- [AVAILABLE DATA]
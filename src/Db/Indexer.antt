-- ===== src/Db/Indexer.antt =====
-- db/indexer.go, db/cancellations.go: how fills, token transfers and cancellations reach the rows of
-- the table of orders. The columns are compared as bytes, as the database compares them.

pub mod Status
pub mod Fill
use openrelay.Prelude.{
  ℕ, Bool, true, false, ◌&&◌, ◌||◌, List, [], ◌∷◌, Option, none, some, map, Bytes, bytes_eq,
  bytes_lt, copy, zeros, big, length, ◌==◌, if◌then◌else◌, ℤ, pos, ◌+ℤ◌, Outcome, ok, err, or_err,
  ◌>>=◌,
}
use openrelay.Types.Order
use openrelay.Types.Text.{Str, hex_decode, trim_prefix, hex_prefix, set_string}
use openrelay.Types.Signature.{Crypto}
use openrelay.Db.Order.{DbOrder, find_row, save, status_open}

pub record FillRecord : Type 0 where
  pub order_hash : Str
  pub filled_taker_asset_amount : Str
  pub cancel : Bool

pub record Cancellation : Type 0 where
  pub maker : Bytes
  pub sender : Bytes
  pub epoch : Bytes

-- A row that no table holds yet: the zero values of the columns.
abbrev pub new_row : Order.Order → DbOrder
new_row o = record {
  order = o;
  order_hash = [];
  status = status_open;
  price = 0;
  fee_rate = 0;
  maker_asset_remaining = zeros 32;
  maker_fee_remaining = zeros 32;
}

abbrev pub amount_text : Str → Str
amount_text [] = 48 ∷ []
amount_text (x ∷ xs) = x ∷ xs

-- The order found, with the fill added to it.
unfoldable pub fill : (ℤ → Bytes) → ℤ → Bool → DbOrder → DbOrder
unfolding ◌+ℤ◌ copy
fill u256 amount cancel row = record row {
  order = record row.order {
    taker_asset_amount_filled =
        copy row.order.taker_asset_amount_filled
          (u256 (pos (big row.order.taker_asset_amount_filled) +ℤ amount));
    cancelled = row.order.cancelled || cancel;
  };
}

abbrev pub same_pair : Bytes → Bytes → Cancellation → Bool
same_pair maker sender c = bytes_eq c.maker maker && bytes_eq c.sender sender

-- FirstOrCreate with Assign: the first row of the maker and sender takes the epoch.
unfoldable pub save_cancellation : Cancellation → List Cancellation → List Cancellation
save_cancellation c [] = c ∷ []
save_cancellation c (row ∷ rows) =
    let rest = save_cancellation c rows in
    if same_pair c.maker c.sender row then record row { epoch = c.epoch } ∷ rows else row ∷ rest

unfoldable pub get_cancellation_epoch : Bytes → Bytes → List Cancellation → Bytes
get_cancellation_epoch maker sender [] = zeros 32
get_cancellation_epoch maker sender (row ∷ rows) =
    let rest = get_cancellation_epoch maker sender rows in
    if same_pair maker sender row then row.epoch else rest

-- UPDATE orders SET status = ? WHERE …
unfoldable pub update_status : ℕ → (DbOrder → Bool) → List DbOrder → List DbOrder
update_status status matches [] = []
update_status status matches (row ∷ rows) =
    (if matches row then record row { status = status } else row)
    ∷ update_status status matches rows

-- The rows that a transfer reaches, by the maker's asset or, for the fee token, by the maker's fee.
unfoldable pub asset_spent : Bytes → Bytes → Bytes → Bytes → DbOrder → Bool
asset_spent maker token asset_data balance row =
    (row.status == status_open)
    && ((if length asset_data == 0
          then bytes_eq row.order.maker_asset_address token
          else bytes_eq row.order.maker_asset_data asset_data)
        && (bytes_eq row.order.maker maker && bytes_lt balance row.maker_asset_remaining))

unfoldable pub spent : Bytes → Bytes → Bytes → Bytes → Bytes → DbOrder → Bool
unfolding asset_spent
spent maker token fee_token asset_data balance row =
    asset_spent maker token asset_data balance row
    || (bytes_eq token fee_token
        && (bytes_eq row.order.maker maker && bytes_lt balance row.maker_fee_remaining))

-- The rows that a cancellation reaches.
unfoldable pub cancelled_by : Cancellation → DbOrder → Bool
cancelled_by c row =
    (row.status == status_open)
    && (bytes_eq row.order.maker c.maker
        && (bytes_eq row.order.sender_address c.sender && bytes_lt row.order.salt c.epoch))

unfoldable pub record_spend :
    ℕ → Bytes → Bytes → Bytes → Bytes → Bytes → List DbOrder → List DbOrder
unfolding update_status spent
record_spend status maker token fee_token asset_data balance table =
    update_status status (spent maker token fee_token asset_data balance) table

unfoldable pub record_cancellation :
    ℕ → Cancellation → List Cancellation → List DbOrder → List Cancellation × List DbOrder
unfolding save_cancellation update_status cancelled_by
record_cancellation status c epochs table =
    (save_cancellation c epochs, update_status status (cancelled_by c) table)

module _ (c : Crypto) (u256 : ℤ → Bytes) (quo : ℕ → ℕ → ℕ) where
  unfoldable pub index : ℕ → Order.Order → List DbOrder → Outcome (List DbOrder)
  index status o table = save c u256 quo (new_row o) status table

  abbrev pub fill_found : List DbOrder → ℤ → Bool → Option DbOrder → Outcome (List DbOrder)
  unfolding fill
  fill_found table amount cancel none = ok table
  fill_found table amount cancel (some row) =
      save c u256 quo (fill u256 amount cancel row) row.status table

  unfoldable pub record_fill : FillRecord → List DbOrder → Outcome (List DbOrder)
  unfolding fill_found
  record_fill r table = do
    hash ← or_err "encoding/hex: invalid" (hex_decode (trim_prefix r.order_hash hex_prefix))
    amount ←
        or_err "could not be parsed as intger"
          (set_string (amount_text r.filled_taker_asset_amount))
    fill_found table amount r.cancel (find_row hash table)
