-- ===== src/Db/Consumers.antt =====
-- db/record_fill_consumer.go, db/record_spend_consumer.go, db/cancellation_consumer.go and
-- db/index_consumer.go: the consumers that bring records and orders to the indexer. A message is what
-- encoding/json or rlp made of it. The semaphore only bounds how many run at a time.
pub mod Funded
use openrelay.Prelude.{
  ℕ, Bool, true, false, List, [], ◌∷◌, Option, none, some, Bytes, ℤ, Outcome, ok, err, panic, ◌>>=◌,
}
use openrelay.Types.Order
use openrelay.Types.Text.{Str, int_string_to_uint256}
use openrelay.Types.AssetData.{hex_to_address, hex_to_asset_data}
use openrelay.Types.Signature.{Crypto}
use openrelay.Db.Order.{DbOrder, status_open, status_unfunded, status_cancelled}
use openrelay.Db.Indexer.{
  FillRecord, Cancellation, index, record_fill, record_spend, record_cancellation,
}

pub record SpendRecord : Type 0 where
  pub token_address : Str
  pub asset_data : Str
  pub spender_address : Str
  pub zrx_token : Str
  pub balance : Str

-- How a message is settled; a panic of the goroutine ends the process.
pub data Settled : Type 0 where
  acked : Settled
  rejected : Settled
  crashed : Settled

-- The table afterwards; an error leaves it alone.
abbrev pub settle : List DbOrder → Outcome (List DbOrder) → List DbOrder × Settled
settle table (ok after) = (after, acked)
settle table (err e) = (table, rejected)
settle table panic = (table, crashed)

module _ (c : Crypto) (u256 : ℤ → Bytes) (quo : ℕ → ℕ → ℕ) where
  -- RecordFillConsumer.Consume; the error of the parser is not looked at.
  unfoldable pub record_fill_consume : FillRecord → List DbOrder → List DbOrder × Settled
  record_fill_consume r table = settle table (record_fill c u256 quo r table)

  abbrev pub indexed : ℕ → List DbOrder → Outcome Order.Order → List DbOrder × Settled
  indexed status table (ok o) = settle table (index c u256 quo status o table)
  indexed status table (err e) = (table, rejected)
  indexed status table panic = (table, crashed)

  -- IndexConsumer.Consume, given what OrderFromBytes returns.
  unfoldable pub index_consume : ℕ → Outcome Order.Order → List DbOrder → List DbOrder × Settled
  index_consume status parsed table = indexed status table parsed

-- CancellationConsumer.Consume.
unfoldable pub record_cancellation_consume :
    Option Cancellation
    → List Cancellation
    → List DbOrder
    → (List Cancellation × List DbOrder) × Settled
record_cancellation_consume none epochs table = ((epochs, table), rejected)
record_cancellation_consume (some c) epochs table =
    (record_cancellation status_cancelled c epochs table, acked)

-- A balance that is no number is handed on as a nil pointer; `nil_spend` is what gorm does with that.
abbrev pub spend_of :
    (List DbOrder → Outcome (List DbOrder))
    → Bytes
    → Bytes
    → Bytes
    → Bytes
    → Outcome Bytes
    → List DbOrder
    → Outcome (List DbOrder)
spend_of nil_spend spender token zrx asset (ok balance) table =
    ok (record_spend status_unfunded spender token zrx asset balance table)
spend_of nil_spend spender token zrx asset (err e) table = nil_spend table
spend_of nil_spend spender token zrx asset panic table = panic

module _ (u256 : ℤ → Bytes) (nil_spend : List DbOrder → Outcome (List DbOrder)) where
  abbrev pub spend : SpendRecord → List DbOrder → Outcome (List DbOrder)
  unfolding hex_to_address hex_to_asset_data int_string_to_uint256
  spend r table = do
    spender ← hex_to_address r.spender_address
    token ← hex_to_address r.token_address
    asset ← hex_to_asset_data r.asset_data
    zrx ← hex_to_address r.zrx_token
    spend_of nil_spend spender token zrx asset (int_string_to_uint256 u256 r.balance) table

  -- RecordSpendConsumer.Consume.
  unfoldable pub record_spend_consume : Option SpendRecord → List DbOrder → List DbOrder × Settled
  unfolding spend
  record_spend_consume none table = (table, rejected)
  record_spend_consume (some r) table = settle table (spend r table)
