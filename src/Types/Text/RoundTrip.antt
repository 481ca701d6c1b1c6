-- ===== src/Types/Text/RoundTrip.antt =====
-- types/util.go: what is printed is parsed back.
use openrelay.Prelude.{
  ℕ, zero, suc, ◌+◌, ◌*◌, ◌/◌, ◌%◌, ◌<◌, ◌≤◌, ◌≡◌, refl, ◌∙◌, ap, Option, some, [], ◌∷◌, Bytes, All,
  arith, ltb, pos, ok, Bool-cases, inl, inr, ltb→lt, tests, le→leb,
}
use openrelay.Types.Text.{
  Str, hex_digit, hex_value, hex_encode, hex_decode, sprint_hex, hex_string_to_bytes, dec_from,
  dec_string, dec_value, digits_value, set_string, trim_prefix, starts_with, hex_prefix,
}

hex_value-hex_digit : (d : ℕ) → d < 16 → hex_value (hex_digit d) ≡ some d
unfolding hex_value hex_digit
hex_value-hex_digit d h = ground arith

pub hex_decode-hex_encode : (b : Bytes) → All (λ x. x < 256) b → hex_decode (hex_encode b) ≡ some b
unfolding hex_decode hex_encode
hex_decode-hex_encode [] h = refl
hex_decode-hex_encode (b ∷ bs) h =
    rw
      (
        hex_value-hex_digit (b / 16) (omega arith),
        hex_value-hex_digit (b % 16) (omega arith),
        hex_decode-hex_encode bs h.1,
      )
      (ap {B = Option Bytes} (λ t. some (t ∷ bs)) (omega arith))

-- Every byte string is read back from the text that Sprintf("%#x") makes of it.
pub hex_string_to_bytes-sprint_hex :
    (b : Bytes) → All (λ x. x < 256) b → hex_string_to_bytes (sprint_hex b) ≡ ok b
unfolding hex_string_to_bytes sprint_hex
hex_string_to_bytes-sprint_hex [] h = refl
hex_string_to_bytes-sprint_hex (b ∷ bs) h = rw (hex_decode-hex_encode (b ∷ bs) h)

dec_value-digit :
    (a n : ℕ) (acc : Str)
    → a * 10 + n % 10 ≡ n
    → dec_value a ((48 + n % 10) ∷ acc) ≡ dec_value n acc
unfolding dec_value
dec_value-digit a n acc e =
    rw (le→leb 48 (48 + n % 10) (omega arith), le→leb (48 + n % 10) 57 (omega arith))
      (ap (λ t. dec_value t acc) (omega arith))

-- Reading the printed digits of `n` and then a text is reading that text with `n` read before.
dec_value-dec_from :
    (f n : ℕ) (acc : Str) → n < f → dec_value 0 (dec_from f n acc) ≡ dec_value n acc
unfolding dec_from
dec_value-dec_from zero n acc h = absurd (omega arith)
dec_value-dec_from (suc f) n acc h = elim (Bool-cases (ltb n 10)) [
  | inl small ↦ rw small (dec_value-digit 0 n acc (omega (tests, ltb→lt n 10 small)))
  | inr large ↦ rw large (
      dec_value-dec_from f (n / 10) ((48 + n % 10) ∷ acc) (ground arith)
      ∙ dec_value-digit (n / 10) n acc (omega arith))
]

abbrev BeginsWithDigit : Str → Type 0
BeginsWithDigit [] = ⊥
BeginsWithDigit (c ∷ cs) = 48 ≤ c

dec_from-BeginsWithDigit :
    (f n : ℕ) (acc : Str) → BeginsWithDigit acc → BeginsWithDigit (dec_from f n acc)
unfolding dec_from
dec_from-BeginsWithDigit zero n acc h = h
dec_from-BeginsWithDigit (suc f) n acc h = elim (Bool-cases (ltb n 10)) [
  | inl small ↦ rw small (omega arith)
  | inr large ↦ rw large (dec_from-BeginsWithDigit f (n / 10) ((48 + n % 10) ∷ acc) (omega arith))
]

dec_string-BeginsWithDigit : (n : ℕ) → BeginsWithDigit (dec_string n)
unfolding dec_string dec_from
dec_string-BeginsWithDigit n = elim (Bool-cases (ltb n 10)) [
  | inl small ↦ rw small (omega arith)
  | inr large ↦ rw large (dec_from-BeginsWithDigit n (n / 10) ((48 + n % 10) ∷ []) (omega arith))
]

-- A text that begins with a digit has no sign.
set_string_of_digits :
    (s : Str) (n : ℕ) → BeginsWithDigit s → dec_value 0 s ≡ some n → set_string s ≡ some (pos n)
unfolding set_string digits_value
set_string_of_digits [] n h e = absurd h
set_string_of_digits (c ∷ cs) n h e = ground arith

-- SetString(n.String(), 10) gives back `n`, at every size.
pub set_string-dec_string : (n : ℕ) → set_string (dec_string n) ≡ some (pos n)
unfolding dec_string dec_value
set_string-dec_string n =
    set_string_of_digits (dec_string n) n (dec_string-BeginsWithDigit n)
      (dec_value-dec_from (suc n) n [] (omega arith))

-- The decoders that trim the prefix read back what Sprintf("%#x") printed.
pub hex_decode-sprint_hex :
    (b : Bytes) → All (λ x. x < 256) b → hex_decode (trim_prefix (sprint_hex b) hex_prefix) ≡ some b
unfolding sprint_hex trim_prefix starts_with hex_decode
hex_decode-sprint_hex [] h = refl
hex_decode-sprint_hex (x ∷ xs) h = hex_decode-hex_encode (x ∷ xs) h
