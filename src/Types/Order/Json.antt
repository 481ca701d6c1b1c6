-- ===== src/Types/Order/Json.antt =====
-- types/order.go: an order comes back from its JSON form.
use openrelay.Prelude.{
  ℕ, ◌≡◌, ◌^◌, ◌<◌, Bytes, IsBytes, All, ℤ, pos, ok, arith, sym, copy_full, zeros, to_bytes,
  to_bytes-big, big-lt, big, [], ◌∷◌, false, some, ap, ◌∙◌,
}
use openrelay.Types.Text.{int_string_to_bytes, dec_string, set_string}
use openrelay.Types.Text.RoundTrip.{hex_string_to_bytes-sprint_hex, set_string-dec_string}
use openrelay.Types.AssetData.{address}
use openrelay.Types.Order.{Order, from_strings, unmarshal_json, marshal_json, wire}

-- The sizes of the Go arrays, and bytes in the slices; the asset addresses are those of the data.
pub record WellFormed (o : Order) : Type 0 where
  pub maker : IsBytes 20 o.maker
  pub taker : IsBytes 20 o.taker
  pub maker_asset_data : All (λ x. x < 256) o.maker_asset_data
  pub taker_asset_data : All (λ x. x < 256) o.taker_asset_data
  pub maker_asset_address : address o.maker_asset_data ≡ ok o.maker_asset_address
  pub taker_asset_address : address o.taker_asset_data ≡ ok o.taker_asset_address
  pub fee_recipient : IsBytes 20 o.fee_recipient
  pub exchange_address : IsBytes 20 o.exchange_address
  pub sender_address : IsBytes 20 o.sender_address
  pub maker_asset_amount : IsBytes 32 o.maker_asset_amount
  pub taker_asset_amount : IsBytes 32 o.taker_asset_amount
  pub maker_fee : IsBytes 32 o.maker_fee
  pub taker_fee : IsBytes 32 o.taker_fee
  pub expiration_timestamp_in_sec : IsBytes 32 o.expiration_timestamp_in_sec
  pub salt : IsBytes 32 o.salt
  pub signature : All (λ x. x < 256) o.signature

-- What abi.U256 documents: a number below 2^256 as 32 big-endian bytes.
abbrev pub U256Law : (ℤ → Bytes) → Type 0
U256Law u256 = (n : ℕ) → n < 256 ^ 32 → u256 (pos n) ≡ to_bytes 32 n

module _ (u256 : ℤ → Bytes) (law : U256Law u256) where
  word_round_trip :
      (b : Bytes) → IsBytes 32 b → int_string_to_bytes u256 (dec_string (big b)) ≡ ok b
  unfolding int_string_to_bytes
  word_round_trip b h =
      rw (set_string-dec_string (big b)) (ap ok (law (big b) (big-lt 32 b h) ∙ to_bytes-big 32 b h))

  zero_text : int_string_to_bytes u256 (48 ∷ []) ≡ ok (zeros 32)
  unfolding int_string_to_bytes set_string to_bytes
  zero_text = ap ok (law 0 (omega arith))

  -- A well-formed order is read back from its own JSON form into any order. The fields that are not
  -- carried are reset, to a filled amount of zero and not cancelled, and the pool's id is the
  -- receiver's.
  pub unmarshal_json-marshal_json :
      (o receiver : Order)
      → WellFormed o
      → unmarshal_json u256 receiver (some (wire (marshal_json o)))
        ≡ ok (record o {
          taker_asset_amount_filled = zeros 32;
          cancelled = false;
          pool_id = receiver.pool_id;
        })
  unfolding unmarshal_json from_strings wire marshal_json
  unmarshal_json-marshal_json o receiver w = rw (
    hex_string_to_bytes-sprint_hex o.maker w.maker.1,
    hex_string_to_bytes-sprint_hex o.taker w.taker.1,
    hex_string_to_bytes-sprint_hex o.maker_asset_data w.maker_asset_data,
    hex_string_to_bytes-sprint_hex o.taker_asset_data w.taker_asset_data,
    hex_string_to_bytes-sprint_hex o.fee_recipient w.fee_recipient.1,
    hex_string_to_bytes-sprint_hex o.exchange_address w.exchange_address.1,
    hex_string_to_bytes-sprint_hex o.sender_address w.sender_address.1,
    hex_string_to_bytes-sprint_hex o.signature w.signature,
    word_round_trip o.maker_asset_amount w.maker_asset_amount,
    word_round_trip o.taker_asset_amount w.taker_asset_amount,
    word_round_trip o.maker_fee w.maker_fee,
    word_round_trip o.taker_fee w.taker_fee,
    word_round_trip o.expiration_timestamp_in_sec w.expiration_timestamp_in_sec,
    word_round_trip o.salt w.salt,
    zero_text,
    w.taker_asset_address,
    w.maker_asset_address,
    copy_full (zeros 20) o.maker (sym w.maker.0),
    copy_full (zeros 20) o.taker (sym w.taker.0),
    copy_full (zeros 20) o.fee_recipient (sym w.fee_recipient.0),
    copy_full (zeros 20) o.exchange_address (sym w.exchange_address.0),
    copy_full (zeros 20) o.sender_address (sym w.sender_address.0),
    copy_full (zeros 32) o.maker_asset_amount (sym w.maker_asset_amount.0),
    copy_full (zeros 32) o.taker_asset_amount (sym w.taker_asset_amount.0),
    copy_full (zeros 32) o.maker_fee (sym w.maker_fee.0),
    copy_full (zeros 32) o.taker_fee (sym w.taker_fee.0),
    copy_full (zeros 32) o.expiration_timestamp_in_sec (sym w.expiration_timestamp_in_sec.0),
    copy_full (zeros 32) o.salt (sym w.salt.0),
  )
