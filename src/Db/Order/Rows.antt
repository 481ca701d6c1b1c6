-- ===== src/Db/Order/Rows.antt =====
-- db/order.go: what is found in the table of orders after a row is updated or created.
use openrelay.Prelude.{
  ◌≡◌, ◌≢◌, refl, sym, ap, ◌∙◌, true, false, Bytes, bytes_eq, bytes_eq_iff, bytes_eq_refl, List, [],
  ◌∷◌, ◌++◌, map, Option, none, some, true-false, Bool-cases, inl, inr, Option-cases,
}
use openrelay.Db.Order.{DbOrder, find_row, upsert, update_row, upserted}

-- The row that Save leaves in place of the one it found.
abbrev pub written : DbOrder → Option DbOrder → DbOrder
written d none = d
written d (some row) = update_row d row

-- An update keeps the hash and the mark of cancellation.
pub update_row_keeps :
    (d row : DbOrder)
    → ((update_row d row).order_hash ≡ row.order_hash)
      × ((update_row d row).order.cancelled ≡ row.order.cancelled)
update_row_keeps d row = elim (Bool-cases (bytes_eq row.order_hash d.order_hash)) [
  | inl e ↦ rw e (refl, refl)
  | inr e ↦ rw e (refl, refl)
]

pub find_row-here :
    (h : Bytes) (row : DbOrder) (rows : List DbOrder)
    → bytes_eq row.order_hash h ≡ true
    → find_row h (row ∷ rows) ≡ some row
unfolding find_row
find_row-here h row rows e = rw e refl

pub find_row-there :
    (h : Bytes) (row : DbOrder) (rows : List DbOrder)
    → bytes_eq row.order_hash h ≡ false
    → find_row h (row ∷ rows) ≡ find_row h rows
unfolding find_row
find_row-there h row rows e = rw e refl

pub some-injective : (a b : DbOrder) → some a ≡ some b → a ≡ b
some-injective a b e = cc

none-some : (a : DbOrder) → none ≢ some a
none-some a e = cc

-- The row that is found for a hash has that hash.
pub find_row-order_hash :
    (h : Bytes) (table : List DbOrder) (row : DbOrder)
    → find_row h table ≡ some row
    → row.order_hash ≡ h
unfolding find_row
find_row-order_hash h [] row e = absurd (none-some row e)
find_row-order_hash h (r ∷ rows) row e = elim (Bool-cases (bytes_eq r.order_hash h)) [
  | inl eq ↦
      let same = some-injective r row (sym (find_row-here h r rows eq) ∙ e) in
      ap (λ x. x.order_hash) (sym same) ∙ (bytes_eq_iff r.order_hash h).0 eq
  | inr eq ↦ find_row-order_hash h rows row (sym (find_row-there h r rows eq) ∙ e)
]

abbrev pub found : (DbOrder → DbOrder) → Option DbOrder → Option DbOrder
found f none = none
found f (some row) = some (f row)

find_row-map :
    (h : Bytes) (d : DbOrder) (table : List DbOrder)
    → find_row h (map (update_row d) table) ≡ found (update_row d) (find_row h table)
unfolding find_row
find_row-map h d [] = refl
find_row-map h d (r ∷ rows) =
    let rest = find_row-map h d rows in
    let same = (update_row_keeps d r).0 in
    elim (Bool-cases (bytes_eq r.order_hash h)) [
      | inl e ↦
          find_row-here h (update_row d r) (map (update_row d) rows)
            (ap (λ x. bytes_eq x h) same ∙ e)
          ∙ ap (found (update_row d)) (sym (find_row-here h r rows e))
      | inr e ↦
          find_row-there h (update_row d r) (map (update_row d) rows)
            (ap (λ x. bytes_eq x h) same ∙ e)
          ∙ rest
          ∙ ap (found (update_row d)) (sym (find_row-there h r rows e))
    ]

-- A new row is found under its hash if there was none, and is not seen under another.
find_row-append_self :
    (d : DbOrder) (table : List DbOrder)
    → find_row d.order_hash table ≡ none
    → find_row d.order_hash (table ++ (d ∷ [])) ≡ some d
unfolding find_row
find_row-append_self d [] e = find_row-here d.order_hash d [] (bytes_eq_refl d.order_hash)
find_row-append_self d (r ∷ rows) e = elim (Bool-cases (bytes_eq r.order_hash d.order_hash)) [
  | inl eq ↦ absurd (none-some r (sym e ∙ find_row-here d.order_hash r rows eq))
  | inr eq ↦
      find_row-there d.order_hash r (rows ++ (d ∷ [])) eq
      ∙ find_row-append_self d rows (sym (find_row-there d.order_hash r rows eq) ∙ e)
]

find_row-append_ne :
    (h : Bytes) (d : DbOrder) (table : List DbOrder)
    → bytes_eq d.order_hash h ≡ false
    → find_row h (table ++ (d ∷ [])) ≡ find_row h table
unfolding find_row
find_row-append_ne h d [] ne = find_row-there h d [] ne
find_row-append_ne h d (r ∷ rows) ne = rw (find_row-append_ne h d rows ne) refl

update_row_ne :
    (d row : DbOrder) → bytes_eq row.order_hash d.order_hash ≡ false → update_row d row ≡ row
update_row_ne d row e = rw e refl

bytes_eq_comm : (a b : Bytes) → bytes_eq a b ≡ false → bytes_eq b a ≡ false
bytes_eq_comm a b e = elim (Bool-cases (bytes_eq b a)) [
  | inl eq ↦ absurd (true-false (sym ((bytes_eq_iff a b).1 (sym ((bytes_eq_iff b a).0 eq))) ∙ e))
  | inr ne ↦ ne
]

found_ne :
    (h : Bytes) (d : DbOrder) (table : List DbOrder)
    → bytes_eq d.order_hash h ≡ false
    → found (update_row d) (find_row h table) ≡ find_row h table
found_ne h d table ne = elim (Option-cases (find_row h table)) [
  | inl e ↦ rw e refl
  | inr (row, e) ↦
      ap (found (update_row d)) e
      ∙ ap some (
          update_row_ne d row (
            ap (λ x. bytes_eq x d.order_hash) (find_row-order_hash h table row e)
            ∙ bytes_eq_comm d.order_hash h ne))
      ∙ sym e
]

-- Saving a row changes what is found under its hash, and nothing else.
pub upsert-find_row_self :
    (d : DbOrder) (table : List DbOrder)
    → find_row d.order_hash (upsert d table) ≡ some (written d (find_row d.order_hash table))
unfolding upsert
upsert-find_row_self d table = elim (Option-cases (find_row d.order_hash table)) [
  | inl e ↦
      ap (λ o. find_row d.order_hash (upserted d table o)) e
      ∙ find_row-append_self d table e
      ∙ ap (λ o. some (written d o)) (sym e)
  | inr (row, e) ↦
      ap (λ o. find_row d.order_hash (upserted d table o)) e
      ∙ find_row-map d.order_hash d table
      ∙ ap (found (update_row d)) e
      ∙ ap (λ o. some (written d o)) (sym e)
]

pub upsert-find_row_ne :
    (h : Bytes) (d : DbOrder) (table : List DbOrder)
    → bytes_eq d.order_hash h ≡ false
    → find_row h (upsert d table) ≡ find_row h table
unfolding upsert
upsert-find_row_ne h d table ne = elim (Option-cases (find_row d.order_hash table)) [
  | inl e ↦ ap (λ o. find_row h (upserted d table o)) e ∙ find_row-append_ne h d table ne
  | inr (row, e) ↦
      ap (λ o. find_row h (upserted d table o)) e ∙ find_row-map h d table ∙ found_ne h d table ne
]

- [ASSIGNED TASK] Set down exactly the lines that begin the records and continue through the line bearing "-- FirstOrCreate with"; include both ends.

- [RESPONSE BELOW]
filename src/Db/Indexer.antt
-- ===== src/Db/Indexer.antt =====
-- db/indexer.go, db/cancellations.go: how fills, token transfers and cancellations reach the rows of
-- the table of orders. The columns are compared as bytes, as the database compares them.

pub mod Status
pub mod Fill
use openrelay.Prelude.{
  ℕ, Bool, true, false, ◌&&◌, ◌||◌, List, [], ◌∷◌, Option, none, some, map, Bytes, bytes_eq,
  bytes_lt, copy, zeros, big, length, ◌==◌, if◌then◌else◌, ℤ, pos, ◌+ℤ◌, Outcome, ok, err, or_err,
  ◌>>=◌,
}
use openrelay.Types.Order
use openrelay.Types.Text.{Str, hex_decode, trim_prefix, hex_prefix, set_string}
use openrelay.Types.Signature.{Crypto}
use openrelay.Db.Order.{DbOrder, find_row, save, status_open}

pub record FillRecord : Type 0 where
  pub order_hash : Str
  pub filled_taker_asset_amount : Str
  pub cancel : Bool

pub record Cancellation : Type 0 where
  pub maker : Bytes
  pub sender : Bytes
  pub epoch : Bytes

-- A row that no table holds yet: the zero values of the columns.
abbrev pub new_row : Order.Order → DbOrder
new_row o = record {
  order = o;
  order_hash = [];
  status = status_open;
  price = 0;
  fee_rate = 0;
  maker_asset_remaining = zeros 32;
  maker_fee_remaining = zeros 32;
}

abbrev pub amount_text : Str → Str
amount_text [] = 48 ∷ []
amount_text (x ∷ xs) = x ∷ xs

-- The order found, with the fill added to it.
unfoldable pub fill : (ℤ → Bytes) → ℤ → Bool → DbOrder → DbOrder
unfolding ◌+ℤ◌ copy
fill u256 amount cancel row = record row {
  order = record row.order {
    taker_asset_amount_filled =
        copy row.order.taker_asset_amount_filled
          (u256 (pos (big row.order.taker_asset_amount_filled) +ℤ amount));
    cancelled = row.order.cancelled || cancel;
  };
}

abbrev pub same_pair : Bytes → Bytes → Cancellation → Bool
same_pair maker sender c = bytes_eq c.maker maker && bytes_eq c.sender sender

-- FirstOrCreate with Assign: the first row of the maker and sender takes the epoch.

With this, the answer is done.